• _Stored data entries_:
----------
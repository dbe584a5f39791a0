-- ===== src/Capture/Config.antt =====
-- `config` of security_capture.py, of the JSON value that the file holds.
use homecluster_infra.Base.{
  ℕ, String, Bool, false, ◌&&◌, ◌||◌, not, List, [], ◌∷◌, ◌==◌, string_eq, nat_eq, leb, length, all,
  contains, encode, is_digit, Result, ok, err, ◌>>=◌, ◌>>◌, require,
}
use homecluster_infra.Value.{Value, dict, int, str, pos, Fields, field, end, get, has, keys}
use homecluster_infra.Capture.Station.{Profile}

is_lower : ℕ → Bool
is_lower c = leb b'a' c && leb c b'z'

is_upper : ℕ → Bool
is_upper c = leb b'A' c && leb c b'Z'

-- `[a-z0-9]`, and `[a-z0-9_.-]`.
is_name_start : ℕ → Bool
unfolding is_lower is_digit
is_name_start c = is_lower c || is_digit c

is_name_rest : ℕ → Bool
unfolding is_name_start
is_name_rest c = is_name_start c || c == b'_' || c == b'.' || c == b'-'

-- One byte of the first class, and up to `n` of the second.
is_word : (ℕ → Bool) → (ℕ → Bool) → ℕ → List ℕ → Bool
is_word first rest n [] = false
is_word first rest n (c ∷ s) = first c && leb (length s) n && all rest s

-- `NAME.fullmatch(name)`
unfoldable pub is_profile_name : String → Bool
unfolding is_word is_name_start is_name_rest encode
is_profile_name name = is_word is_name_start is_name_rest 63 (encode name)

-- `[a-zA-Z0-9]`, and `[a-zA-Z0-9_.:-]`.
is_interface_start : ℕ → Bool
unfolding is_name_start is_upper
is_interface_start c = is_name_start c || is_upper c

is_interface_rest : ℕ → Bool
unfolding is_name_rest is_upper
is_interface_rest c = is_name_rest c || is_upper c || c == b':'

read_interface : Value → Result String
unfolding is_word is_interface_start is_interface_rest encode ◌>>=◌
read_interface (str s) =
    require (is_word is_interface_start is_interface_rest 31 (encode s)) "interface" >> ok s
read_interface value = err "interface"

read_filter : Value → Result String
unfolding encode ◌>>=◌
read_filter (str s) =
    require
      (leb 1 (length (encode s))
        && leb (length (encode s)) 4096
        && all (λ c. not (c == 0) && not (c == 10)) (encode s))
      "filter"
    >> ok s
read_filter value = err "filter"

read_duration : Value → Result ℕ
unfolding ◌>>=◌
read_duration (int (pos n)) = require (leb 1 n && leb n 180) "duration" >> ok n
read_duration value = err "duration"

-- `set(d) == {...}`
abbrev has_keys : List String → Fields → Bool
has_keys names d = all (contains names) (keys d) && all (λ name. has name d) names

read_profile : Value → Result Profile
unfolding read_interface read_filter read_duration has get keys ◌>>=◌
read_profile (dict d) =
    require (has_keys ("interface" ∷ "filter" ∷ "duration_seconds" ∷ []) d) "profile_schema"
    >> (read_interface (get "interface" d) >>= λ interface. read_filter (get "filter" d) >>= λ bpf.
        read_duration (get "duration_seconds" d) >>= λ duration.
        ok (record { interface = interface; bpf = bpf; duration_seconds = duration }))
read_profile value = err "profile_name"

unfoldable pub read_profiles : Fields → Result (List (String × Profile))
unfolding is_profile_name read_profile ◌>>=◌
read_profiles end = ok []
read_profiles (field name value more) =
    require (is_profile_name name) "profile_name"
    >> (read_profile value >>= λ profile.
        read_profiles more >>= λ profiles. ok ((name, profile) ∷ profiles))

abbrev is_one : Value → Bool
is_one (int (pos n)) = n == 1
is_one value = false

count_and_read : Value → Result (List (String × Profile))
unfolding read_profiles keys ◌>>=◌
count_and_read (dict d) =
    require (leb 1 (length (keys d)) && leb (length (keys d)) 8) "profile_count" >> read_profiles d
count_and_read value = err "configuration_schema"

unfoldable pub config : Fields → Result (List (String × Profile))
unfolding count_and_read has get keys ◌>>=◌
config data_fields =
    require (has_keys ("schema" ∷ "profiles" ∷ []) data_fields && is_one (get "schema" data_fields))
      "configuration_schema"
    >> count_and_read (get "profiles" data_fields)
----------
• _WHAT TO DO_:
For the word "length", count the lines of the data that contain it and give only the count.

• _ANSWER AREA_:
5